Te Anau with the Murchison Mountains in the background. Taken at dusk on the first day of snow fall in 2015.
Te Anau with the Murchison Mountains in the background. Taken at dusk on the first day of snow fall in 2015.

Te Anau

FiordlandTowns in Southland, New ZealandGateway townsNew Zealand Great Walks
4 min read

In 1948, two extraordinary things happened in the mountains west of Te Anau. A doctor named Geoffrey Orbell tramped into the remote Murchison Mountains and found a colony of takahe, a large flightless bird that had been declared extinct half a century earlier. The same year, an explorer named Lawson Burrows located the entrance to a cave system on the western shore of Lake Te Anau that Maori legends had described for generations. Inside, he found a grotto glittering with thousands of glowworms. Both discoveries happened within sight of a quiet lakeside town that most travelers passed through on the way to somewhere else. Te Anau has been the gateway to Fiordland ever since, but 1948 proved it was also the gateway to things people had given up looking for.
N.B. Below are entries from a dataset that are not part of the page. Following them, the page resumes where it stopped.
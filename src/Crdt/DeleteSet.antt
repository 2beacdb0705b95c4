-- ===== src/Crdt/DeleteSet.antt =====
-- internal/crdt/deleteset.go: the ranges, the operations on a set, and its wire form.
pub mod Codec
pub mod Merge
pub mod Search
pub mod Query
use crdt_server.Base.{
  ℕ, zero, suc, ◌+◌, ◌-◌, ◌/◌, ◌^◌, ◌<◌, ◌≤◌, List, [], ◌∷◌, ◌++◌, Bool, true, false, ◌&&◌, Option,
  none, some, ltb, leb, ◌==◌, length, get_elem?, if◌then◌else◌, u64, sub_u64, is_positive, not,
  unexpected_eof, err,
}
use crdt_server.Base.GoMap
use crdt_server.Base.GoMap.{GoMap, insert}
use crdt_server.Lib0.Decoder.{Read, ◌>>=◌, pure, remaining, read_var_uint}
use crdt_server.Lib0.Encoder.{Encoder, write_var_uint}
use crdt_server.Lib0.Transfer.{read_times, write_each}
use crdt_server.Crdt.{StructId, read_safe_var_uint, read_len}
use crdt_server.Crdt.ClientMap.{write_section, read_section}

-- [clock, clock + len)
pub record DeleteRange : Type 0 where
  pub clock : ℕ
  pub len : ℕ

abbrev pub range : ℕ → ℕ → DeleteRange
range clock len = record { clock = clock; len = len }

-- DeleteRange.End, on uint64.
abbrev pub end_of : DeleteRange → ℕ
end_of r = u64 (r.clock + r.len)

-- DeleteSet.Clients
abbrev pub DeleteSet : Type 0
DeleteSet = GoMap (List DeleteRange)

-- `ds.Clients[client]`
unfoldable pub ranges_of : DeleteSet → ℕ → List DeleteRange
ranges_of ds client = GoMap.get [] client ds

unfoldable pub is_empty : DeleteSet → Bool
is_empty [] = true
is_empty ((client, []) ∷ ds) = is_empty ds
is_empty ((client, r ∷ rs) ∷ ds) = false

insert_range : DeleteRange → List DeleteRange → List DeleteRange
insert_range r [] = r ∷ []
insert_range r (x ∷ xs) =
    let rest = insert_range r xs in if ltb x.clock r.clock then x ∷ rest else r ∷ x ∷ xs

-- `sort.Slice(ranges, func(i, j int) bool { return ranges[i].Clock < ranges[j].Clock })`. Ranges of
-- one clock may come in any order: the merge makes one range of them.
unfoldable pub sort_ranges : List DeleteRange → List DeleteRange
unfolding insert_range
sort_ranges [] = []
sort_ranges (r ∷ rs) = insert_range r (sort_ranges rs)

-- `if end := r.End(); end > last.End() { last.Len = int(end - last.Clock) }`
unfoldable pub extend : DeleteRange → DeleteRange → DeleteRange
extend last r =
    if ltb (end_of last) (end_of r)
    then record last { len = sub_u64 (end_of r) last.clock }
    else last

-- The loop over `ranges[1:]`; what is merged already, less its last range, is in front of it.
unfoldable pub merge_from : DeleteRange → List DeleteRange → List DeleteRange
unfolding extend
merge_from last [] = last ∷ []
merge_from last (r ∷ rs) =
    let overlaps = merge_from (extend last r) rs in
    let apart = last ∷ merge_from r rs in if leb r.clock (end_of last) then overlaps else apart

unfoldable pub merge : List DeleteRange → List DeleteRange
unfolding merge_from
merge [] = []
merge (r ∷ rs) = merge_from r rs

-- DeleteSet.Add; the length is an int, `if n <= 0 { return }`.
unfoldable pub add : DeleteSet → ℕ → ℕ → ℕ → DeleteSet
unfolding sort_ranges merge
add ds client clock len =
    let ranges = ranges_of ds client ++ (range clock len ∷ []) in
    if is_positive len then insert client (merge (sort_ranges ranges)) ds else ds

-- `sort.Search(n, f)`: the loop `for i < j { h := (i + j) / 2; if !f(h) { i = h + 1 } else { j = h } }`.
-- The distance falls in each round, so `n` rounds are enough.
unfoldable pub search_loop : ℕ → (ℕ → Bool) → ℕ → ℕ → ℕ
search_loop zero f i j = i
search_loop (suc rounds) f i j =
    let h = (i + j) / 2 in
    let upper = search_loop rounds f (h + 1) j in
    let lower = search_loop rounds f i h in if ltb i j then (if f h then lower else upper) else i

unfoldable pub search_first : ℕ → (ℕ → Bool) → ℕ
unfolding search_loop
search_first n f = search_loop n f 0 n

-- A test of the range at an index.
abbrev pub at_range : List DeleteRange → (DeleteRange → Bool) → ℕ → Bool
at_range ranges p i = elim (get_elem? ranges i) [ none ↦ false | some r ↦ p r ]

-- DeleteSet.IsDeleted
unfoldable pub is_deleted : DeleteSet → StructId → Bool
unfolding search_first
is_deleted ds id =
    let ranges = ranges_of ds id.client in
    let i = search_first (length ranges) (at_range ranges (λ r. ltb id.clock (end_of r))) in
    ltb i (length ranges) && at_range ranges (λ r. leb r.clock id.clock) i

unfoldable pub write_range : DeleteRange → Encoder → Encoder
write_range r e = write_var_uint r.len (write_var_uint r.clock e)

unfoldable pub write_ranges : List DeleteRange → Encoder → Encoder
write_ranges rs e = write_each write_range rs (write_var_uint (length rs) e)

-- DeleteSet.write
unfoldable pub write_delete_set : DeleteSet → Encoder → Encoder
write_delete_set ds = write_section [] write_ranges ds

unfoldable pub read_range : Read DeleteRange
read_range = do clock ← read_safe_var_uint; len ← read_len; pure (range clock len)

unfoldable pub read_ranges : Read (List DeleteRange)
read_ranges = do
  n ← read_var_uint
  λ d. if ltb (remaining d) n then err unexpected_eof else read_times n read_range d

-- readDeleteSet
unfoldable pub read_delete_set : Read DeleteSet
read_delete_set = read_section read_ranges
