-- ===== src/Crdt/DeleteSet/Codec.antt =====
-- The wire form of a delete set is read back as it was written.
use native.Mathlib.Nat.{le_refl}
use crdt_server.Base.{
  ℕ, ◌+◌, ◌^◌, ◌<◌, ◌≡◌, List, [], length, All, All-map, arith, ltb, le→ltb, if◌then◌else◌, err,
  unexpected_eof,
}
use crdt_server.Base.GoMap
use crdt_server.Base.GoMap.{keys}
use crdt_server.Lib0.Decoder.{◌>>=◌, pure, remaining}
use crdt_server.Lib0.Encoder.{write_var_uint}
use crdt_server.Lib0.Transfer.{
  Transfers, Transfers-weaken, Transfers-then, Transfers-bind, Transfers-map, Transfers-bounded,
  Transfers-each, read_times,
}
use crdt_server.Lib0.VarUint.{var_uint-Transfers}
use crdt_server.Crdt.{read_len, safe_var_uint-Transfers, len-Transfers}
use crdt_server.Crdt.ClientMap.{
  read_section, read_entries, read_back, lookup-read_back, section-Transfers,
}
use crdt_server.Crdt.DeleteSet.{
  DeleteRange, DeleteSet, range, ranges_of, write_range, write_ranges, write_delete_set, read_range,
  read_ranges, read_delete_set,
}

-- A range that the reader accepts.
abbrev pub IsReadable : DeleteRange → Type 0
IsReadable r = (r.clock < 2 ^ 53) × (r.len < 2 ^ 31 + 1)

range-Transfers : (r : DeleteRange) → IsReadable r → Transfers (write_range r) read_range r 2
unfolding write_range read_range
range-Transfers r (hc, hl) =
    Transfers-bind (λ clock. read_len >>= λ len. pure (range clock len))
      (safe_var_uint-Transfers r.clock hc) (Transfers-map (range r.clock) (len-Transfers r.len hl))

ranges_transfer :
    (rs : List DeleteRange)
    → All IsReadable rs
    → length rs < 2 ^ 53
    → Transfers (write_ranges rs) read_ranges rs 1
unfolding write_ranges read_ranges
ranges_transfer rs h n = Transfers-weaken (omega arith) (
    Transfers-bind
      (λ n d. if ltb (remaining d) n then err unexpected_eof else read_times n read_range d)
      (var_uint-Transfers (length rs) n)
      (Transfers-bounded (length rs) unexpected_eof (le_refl (length rs)) (
        Transfers-each write_range read_range rs
          (All-map rs (λ r p. Transfers-weaken (omega arith) (range-Transfers r p)) h))))

-- Ids, clocks, lengths and counts that the format has room for.
abbrev pub IsEncodable : DeleteSet → Type 0
IsEncodable ds =
    All (λ c. (c < 2 ^ 53) × All IsReadable (ranges_of ds c) × (length (ranges_of ds c) < 2 ^ 53))
      (keys ds)
    × (length ds < 2 ^ 53)

-- The set that comes back: the same clients with the same ranges.
pub reread : DeleteSet → DeleteSet
reread ds = read_back [] write_ranges read_ranges ds

pub lookup-reread : (ds : DeleteSet) (c : ℕ) → GoMap.lookup c (reread ds) ≡ GoMap.lookup c ds
unfolding reread
lookup-reread = lookup-read_back [] write_ranges read_ranges

pub delete_set-Transfers :
    (ds : DeleteSet)
    → IsEncodable ds
    → Transfers (write_delete_set ds) read_delete_set (reread ds) 1
unfolding write_delete_set read_delete_set ranges_of reread
delete_set-Transfers ds (h, n) =
    section-Transfers [] write_ranges read_ranges ds
      (All-map (keys ds) (λ c p. (p.0, ranges_transfer (GoMap.get [] c ds) p.1 p.2)) h) n

-- What an update without a delete set writes is read as an empty set.
pub empty-Transfers : Transfers (write_var_uint 0) read_delete_set [] 1
unfolding read_delete_set read_section read_entries
empty-Transfers =
    Transfers-then {a = 0}
      (λ n d. if ltb (remaining d) n then err unexpected_eof else read_entries n read_ranges [] d)
      (λ d. unfold remaining in rw (le→ltb 0 (length d) (omega arith)))
      (var_uint-Transfers 0 (omega arith))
The Cave of Swirling Water

The town's name holds a story of its own. Te Ana-au is Maori for "the cave of swirling water," though this interpretation only gained acceptance after Burrows rediscovered the caves in 1948. Before that, many believed Te Anau was named for a granddaughter of Hekeia, a chief of the Waitaha tribe. The caves themselves are part of the Aurora Cave System, a labyrinth of limestone passages roughly 15,000 years old, carved by underground rivers that still churn through them. Visitors reach the caves by boat across Lake Te Anau, then walk through passages of sculpted rock to a grotto where thousands of Arachnocampa luminosa, the New Zealand glowworm, suspend their bioluminescent threads from the ceiling. In the absolute darkness of the underground chamber, the effect is like looking up at a clear night sky, except these stars are alive and hungry, each glowing thread a tiny fishing line baited with light.

A Bird Back from the Dead

The Murchison Mountains rise directly across the lake from Te Anau, their peaks forming a natural fortress that protected the takahe when the rest of New Zealand assumed the species was gone. Geoffrey Orbell, a physician from Invercargill, refused to accept the extinction. In November 1948, he led a small expedition into the Murchison range and found a breeding population in the tussock-covered valleys near a lake that now bears his name. The takahe is a striking bird, stocky and flightless, with iridescent blue-green plumage and a massive red bill. Te Anau's bird sanctuary, near the start of the Kepler Track, now houses several takahe alongside kaka parrots and other native species. The sanctuary gives visitors a close encounter with birds they would otherwise never see, since the wild population in the Murchisons remains strictly protected.

Where the Roads End

Te Anau sits at a geographic crossroads where civilization yields to wilderness. State Highway 94, the Milford Road, runs 120 kilometers north to Milford Sound through some of the most dramatic scenery in New Zealand, past mirror lakes, through the Homer Tunnel, and into the heart of Fiordland. About 2,500 visitors a day travel this road at peak times, and the free car parks at Milford often fill by late morning. To the south, State Highway 95 connects Te Anau to Manapouri in 20 minutes, opening access to Doubtful Sound and the wild southern fiords. Three of New Zealand's Great Walks begin within reach of town: the Milford Track from the northern tip of Lake Te Anau, the Kepler Track from the control gates at the lake's southern end, and the Routeburn Track from the road to Milford. The town calls itself the walking capital of the world, and few places have a stronger claim.

Small Town, Big Landscape

With a population under 3,000, Te Anau is not a large place. The town center runs along the lakeshore, compact enough to walk end to end in minutes. There are a handful of restaurants, a supermarket, three pubs that locals sort roughly by age group, and enough accommodation to house the summer crowds, though bookings in December and January are essential. Outside peak season, the pace drops to something quieter, the kind of small-town rhythm where everyone knows each other and the lake reflects the mountains without a single boat to disturb the surface. But the landscape around Te Anau never lets you forget the scale of what lies beyond the town limits. Lake Te Anau alone stretches 65 kilometers from end to end, the largest lake in the South Island, with three inland fiords cutting deep into mountains that rise 1,400 meters above the water. Fiordland National Park, the largest in New Zealand, begins at the western shore.

From the Air

Te Anau lies at 45.41S, 167.72E on the southeastern shore of Lake Te Anau. The town is clearly visible from altitude as a small settlement on the lake's edge, with the Kepler Mountains rising to the southwest and the Murchison Mountains across the water to the west. The nearest airport is Te Anau/Manapouri (NZMO), approximately 10 nautical miles south of town. Queenstown Airport (NZQN) is about 90 nautical miles northeast. Lake Te Anau itself, stretching 65 km north-south, is an unmistakable navigation reference. The Milford Road (SH94) is visible as a thin line running north through the Eglinton Valley toward the Homer Tunnel.